Earlier, we decided that, in many cases, method overriding should be avoided. So, why was this method overridden here? Let’s take a closer look at the KoiLabelStencil class code.
The _getDataToDisplayInSocket method defined in KoiLabelStencil is empty and only exists because it is called in the _getTextToDisplayInSocket method of the same class. If _getDataToDisplayInSocket were not present in KoiLabelStencil, upon reading the code, I would have been inclined to search for where this method is defined, spending a considerable amount of time studying the ancestor classes of KoiLabelStencil. To make it clear that this method is not yet implemented, I define it in KoiLabelStencil but do not implement it.
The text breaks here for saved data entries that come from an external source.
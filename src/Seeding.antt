-- ===== src/Seeding.antt =====
-- scripts/seed.py, which fills the tables with rows of every status. What the random numbers choose is
-- a `Draw` for each job, the ids and clocks of the server included. Each statement is a transaction of
-- its own; `false` is the exception of a violated key, which ends the script.
pub mod Rows
pub mod Added
pub mod Tally
pub mod Shapes
use notify_queue.Base.{
  ℕ, zero, suc, ◌+◌, ◌*◌, ◌^◌, Bool, true, false, Option, none, some, List, [], ◌∷◌, ◌++◌, Text,
  codes, if◌then◌else◌, leb,
}
use notify_queue.Base.Float.{float_of, float_round}
use notify_queue.Schema.{Job, Database}
use notify_queue.Schema.Table.{find_job}
use notify_queue.Statements.Api.{insert_idempotency_key}
use notify_queue.Statements.Audit.{insert_dead_letter, insert_webhook_log}
use Rows.{
  Draw, Kind, sent_row, pending_future_row, retrying_row, queued_row, claimed_row,
  dead_lettered_row, sent_time, failed_time, seeded_letter, seeded_log,
}

-- Did the statements so far succeed, and the tables after them?
abbrev pub Seeded : Type 0
Seeded = Bool × Database

abbrev pub and_then : Seeded → (Database → Seeded) → Seeded
and_then (false, db) next = (false, db)
and_then (true, db) next = next db

abbrev pub committed_or : Database → Option Database → Seeded
committed_or db none = (false, db)
committed_or db (some db') = (true, db')

unfoldable pub insert_row : Job → Database → Seeded
unfolding find_job
insert_row job db = elim (find_job job.id db.jobs) [
  | none ↦ (true, record db { jobs = job ∷ db.jobs })
  | some _ ↦ (false, db)
]

-- A fifth of the jobs get a key that is made from their id.
unfoldable pub insert_key : Draw → Database → Seeded
unfolding insert_idempotency_key
insert_key d db =
    if d.keyed
    then committed_or db (insert_idempotency_key (codes "seed-" ++ d.id_text) d.id d.clock db)
    else (true, db)

-- `insert`: the row, then perhaps its key.
unfoldable pub insert : Draw → Job → Database → Seeded
unfolding insert_row insert_key
insert d job db = and_then (insert_row job db) (insert_key d)

-- `if not job["callback_url"]: return`
unfoldable pub log_webhook : Job → Text → ℕ → Database → Seeded
unfolding insert_webhook_log
log_webhook job status at db = elim job.callback_url [
  | none ↦ (true, db)
  | some url ↦ (true, insert_webhook_log (seeded_log job.id url status at) db)
]

unfoldable pub letter_and_log : ℕ → Draw → Job → Database → Seeded
unfolding log_webhook insert_dead_letter
letter_and_log now d job db =
    log_webhook job (codes "dead_lettered") (failed_time now d)
      (insert_dead_letter (seeded_letter d job) db)

-- The six functions `seed_sent` to `seed_dead_lettered`; `sequence` counts the jobs.
unfoldable pub seed : Kind → ℕ → ℕ → Draw → Database → Seeded
unfolding insert log_webhook letter_and_log
seed Kind.sent now sequence d db =
    let job = sent_row now sequence d in
    and_then (insert d job db) (log_webhook job (codes "sent") (sent_time now d))
seed Kind.pending_future now sequence d db = insert d (pending_future_row now sequence d) db
seed Kind.retrying now sequence d db = insert d (retrying_row now sequence d) db
seed Kind.queued now sequence d db = insert d (queued_row now sequence d) db
seed Kind.claimed now sequence d db = insert d (claimed_row now sequence d) db
seed Kind.dead_lettered now sequence d db =
    let job = dead_lettered_row now sequence d in
    and_then (insert d job db) (letter_and_log now d job)

-- The floats 0.50, 0.15, 0.10, 0.05, 0.05 and 0.15, in units of 2 ^ -57.
abbrev pub share_of : Kind → ℕ
share_of Kind.sent = 72_057_594_037_927_936
share_of Kind.pending_future = 21_617_278_211_378_380
share_of Kind.retrying = 14_411_518_807_585_588
share_of Kind.queued = 7_205_759_403_792_794
share_of Kind.claimed = 7_205_759_403_792_794
share_of Kind.dead_lettered = 21_617_278_211_378_380

-- `max(1, round(total * share))`
abbrev pub count_for : ℕ → Kind → ℕ
count_for total kind =
    let rounded = float_round (float_of (total * share_of kind) (2 ^ 57)) in
    if leb 1 rounded then rounded else 1

-- `count` jobs of one kind, with the draws from place `i` on, and then the rest.
unfoldable pub seed_count :
    Kind → ℕ → ℕ → (ℕ → Draw) → ℕ → (ℕ → Database → Seeded) → Database → Seeded
unfolding seed
seed_count kind zero now draws i rest db = rest i db
seed_count kind (suc count) now draws i rest db =
    and_then (seed kind now (i + 1) (draws i) db) (seed_count kind count now draws (i + 1) rest)

abbrev pub kinds : List Kind
kinds =
    Kind.sent ∷ Kind.pending_future ∷ Kind.retrying ∷ Kind.queued ∷ Kind.claimed
    ∷ Kind.dead_lettered ∷ []

unfoldable pub seed_kinds : List Kind → ℕ → ℕ → (ℕ → Draw) → ℕ → Database → Seeded
unfolding seed_count
seed_kinds [] total now draws i db = (true, db)
seed_kinds (kind ∷ more) total now draws i db =
    seed_count kind (count_for total kind) now draws i (seed_kinds more total now draws) db

-- `run`; the draws are numbered from 0, and `sequence` from 1.
unfoldable pub run_seeder : ℕ → ℕ → (ℕ → Draw) → Database → Seeded
unfolding seed_kinds
run_seeder total now draws db = seed_kinds kinds total now draws 0 db

-- TRUNCATE of the four tables.
abbrev pub wiped : Database
wiped = record { jobs = []; job_idempotency = []; dead_letter_queue = []; webhook_log = [] }

-- `main` with its option `--wipe`.
unfoldable pub seed_main : Bool → ℕ → ℕ → (ℕ → Draw) → Database → Seeded
unfolding run_seeder
seed_main wipe total now draws db = run_seeder total now draws (if wipe then wiped else db)
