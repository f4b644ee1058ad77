-- ===== src/Delta.antt =====
-- cmd/seekfs/trigram_index.go: posting lists stored as the differences of their ids.
pub mod Defs
pub mod Laws
mod Runs
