-- ===== src/Delta/Defs.antt =====
-- cmd/seekfs/trigram_index.go: `encodeDeltaUvarint32` and `decodeDeltaUvarint32`, over encoding/binary's
-- `PutUvarint` and `Uvarint`. Numbers of 32 bits wrap.
use seekfs.Common.{
  ℕ, zero, suc, ◌+◌, ◌-◌, ◌*◌, ◌/◌, ◌%◌, ◌^◌, ◌&&◌, Option, none, some, List, [], ◌∷◌, ◌++◌, length,
  ltb, ◌==◌, if◌then◌else◌,
}

-- `PutUvarint` into `n` bytes: seven bits a byte, the lowest first.
unfoldable pub put_uvarint : ℕ → ℕ → List ℕ
put_uvarint zero v = []
put_uvarint (suc n) v =
    let more = put_uvarint n (v / 128) in if ltb v 128 then v ∷ [] else (v % 128 + 128) ∷ more

-- What a byte that says that more follow adds to the number behind it.
abbrev joined : ℕ → Option (ℕ × List ℕ) → Option (ℕ × List ℕ)
joined b none = none
joined b (some r) = some (b % 128 + 128 * r.0, r.1)

-- `Uvarint` from the byte with index `i`: the number and the bytes behind it; none where the bytes end
-- or the number does not fit 64 bits.
unfoldable pub uvarint : ℕ → List ℕ → Option (ℕ × List ℕ)
uvarint i [] = none
uvarint i (b ∷ bytes) =
    let more = uvarint (suc i) bytes in
    if i == 10
    then none
    else if ltb b 128
    then if i == 9 && ltb 1 b then none else some (b, bytes)
    else joined b more

-- `binary.MaxVarintLen32`
abbrev pub max_varint_len32 : ℕ
max_varint_len32 = 5

-- `id - prev` on uint32
abbrev pub delta : ℕ → ℕ → ℕ
delta prev id = (id + (2 ^ 32 - prev)) % 2 ^ 32

unfoldable pub encode_loop : ℕ → List ℕ → List ℕ
encode_loop prev [] = []
encode_loop prev (id ∷ ids) = put_uvarint max_varint_len32 (delta prev id) ++ encode_loop id ids

unfoldable pub encode_delta_uvarint32 : List ℕ → List ℕ
unfolding encode_loop
encode_delta_uvarint32 ids = encode_loop 0 ids

-- `for len(encoded) > 0`: each round reads at least one byte, so the length is fuel enough.
unfoldable pub decode_loop : ℕ → ℕ → List ℕ → List ℕ
decode_loop zero prev encoded = []
decode_loop (suc fuel) prev encoded = elim (uvarint 0 encoded) [
  | none ↦ []
  | some r ↦ let id = (prev + r.0 % 2 ^ 32) % 2 ^ 32 in id ∷ decode_loop fuel id r.1
]

unfoldable pub decode_delta_uvarint32 : List ℕ → List ℕ
unfolding decode_loop
decode_delta_uvarint32 encoded = decode_loop (length encoded) 0 encoded
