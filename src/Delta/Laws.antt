-- ===== src/Delta/Laws.antt =====
-- cmd/seekfs/trigram_index.go: the codec's round trip.
use seekfs.Common.{
  ℕ, zero, suc, ◌+◌, ◌*◌, ◌/◌, ◌%◌, ◌^◌, ◌≤◌, ◌<◌, ◌≡◌, refl, ap, ◌∙◌, Bool-cases, true, false, inl,
  inr, some, List, [], ◌∷◌, ◌++◌, length, All, ltb, ◌==◌, arith, length-append,
}
use seekfs.Delta.Defs.{
  put_uvarint, uvarint, delta, encode_loop, encode_delta_uvarint32, decode_loop,
  decode_delta_uvarint32,
}

uvarint-put_uvarint :
    (n v i : ℕ) (rest : List ℕ)
    → v < 128 ^ suc n
    → i + n < 9
    → uvarint i (put_uvarint (suc n) v ++ rest) ≡ some (v, rest)
unfolding uvarint put_uvarint
uvarint-put_uvarint zero v i rest h l =
    let e : ltb v 128 ≡ true = ground (arith, h) in
    let nine : (i == 9) ≡ false = ground (arith, l) in
    let ten : (i == 10) ≡ false = ground (arith, l) in rw (e, ten, e, nine) refl
uvarint-put_uvarint (suc n) v i rest h l =
    let nine : (i == 9) ≡ false = ground (arith, l) in
    let ten : (i == 10) ≡ false = ground (arith, l) in
    elim (Bool-cases (ltb v 128)) [
      | inl e ↦ rw (e, ten, e, nine) refl
      | inr e ↦
          let big : ltb (v % 128 + 128) 128 ≡ false = ground arith in
          let ih = uvarint-put_uvarint n (v / 128) (suc i) rest (omega arith) (omega (arith, l)) in
          let back : (v % 128 + 128) % 128 + 128 * (v / 128) ≡ v = omega arith in
          rw (e, ten, big, ih, back) refl
    ]

length-put_uvarint : (n v : ℕ) → 0 < length (put_uvarint (suc n) v)
unfolding put_uvarint
length-put_uvarint n v = ground arith

delta_back :
    (prev id : ℕ) → prev < 2 ^ 32 → id < 2 ^ 32 → (prev + delta prev id % 2 ^ 32) % 2 ^ 32 ≡ id
delta_back prev id h g = omega arith

decode_step :
    (fuel prev v : ℕ) (bytes rest : List ℕ)
    → uvarint 0 bytes ≡ some (v, rest)
    → decode_loop (suc fuel) prev bytes
      ≡ (prev + v % 2 ^ 32) % 2 ^ 32 ∷ decode_loop fuel ((prev + v % 2 ^ 32) % 2 ^ 32) rest
unfolding decode_loop
decode_step fuel prev v bytes rest e = rw (decode_loop, e) refl

length-encode_loop :
    (prev id : ℕ) (ids : List ℕ)
    → length (encode_loop id ids) < length (encode_loop prev (id ∷ ids))
unfolding encode_loop
length-encode_loop prev id ids = omega (
  arith,
  length-append (put_uvarint 5 (delta prev id)) (encode_loop id ids),
  length-put_uvarint 4 (delta prev id),
)

decode_nothing : (fuel prev : ℕ) → decode_loop fuel prev [] ≡ []
unfolding decode_loop uvarint
decode_nothing zero prev = refl
decode_nothing (suc fuel) prev = refl

decode_loop-encode_loop :
    (fuel prev : ℕ) (ids : List ℕ)
    → prev < 2 ^ 32
    → All (λ id. id < 2 ^ 32) ids
    → length (encode_loop prev ids) ≤ fuel
    → decode_loop fuel prev (encode_loop prev ids) ≡ ids
unfolding encode_loop
decode_loop-encode_loop fuel prev [] h a f = decode_nothing fuel prev
decode_loop-encode_loop zero prev (id ∷ ids) h a f =
    absurd (omega (arith, f, length-encode_loop prev id ids))
decode_loop-encode_loop (suc fuel) prev (id ∷ ids) h a f =
    let more = encode_loop id ids in
    let read = uvarint-put_uvarint 4 (delta prev id) 0 more (omega arith) (omega arith) in
    decode_step fuel prev (delta prev id) (put_uvarint 5 (delta prev id) ++ more) more read
    ∙ rw (delta_back prev id h a.0) (
        ap (λ zs. id ∷ zs)
          (decode_loop-encode_loop fuel id ids a.0 a.1
            (omega (arith, f, length-encode_loop prev id ids))))

-- Decoding what was encoded gives the ids back, in whatever order they stand.
pub decode-encode :
    (ids : List ℕ)
    → All (λ id. id < 2 ^ 32) ids
    → decode_delta_uvarint32 (encode_delta_uvarint32 ids) ≡ ids
unfolding decode_delta_uvarint32 encode_delta_uvarint32
decode-encode ids a =
    decode_loop-encode_loop (length (encode_loop 0 ids)) 0 ids (omega arith) a (omega arith)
The _getTextToDisplayInSocket method is what I would call part of the interface. JavaScript does not have a standard way to declare interfaces, but we can always come up with some convention. I could have chosen not to define this method in KoiLabelStencil, and instead written about it in the documentation or as a comment, hoping that you would read the documentation and define the method yourself. However, knowing how people read documentation, I decided that explicitly having the method in the code would be more reliable.
Conclusion
In conclusion, the library is built on top of web components primarily because web components provide a convenient way to inherit components from one another. Inheritance allows for the creation of custom components. When inheriting, one should avoid overriding methods and instead use narrowing to specialize components. When creating methods, it's advisable to make all methods protected. The best approach to creating a component is to begin with a Stencil class, which outlines the component's goal through a description of its basic behavior.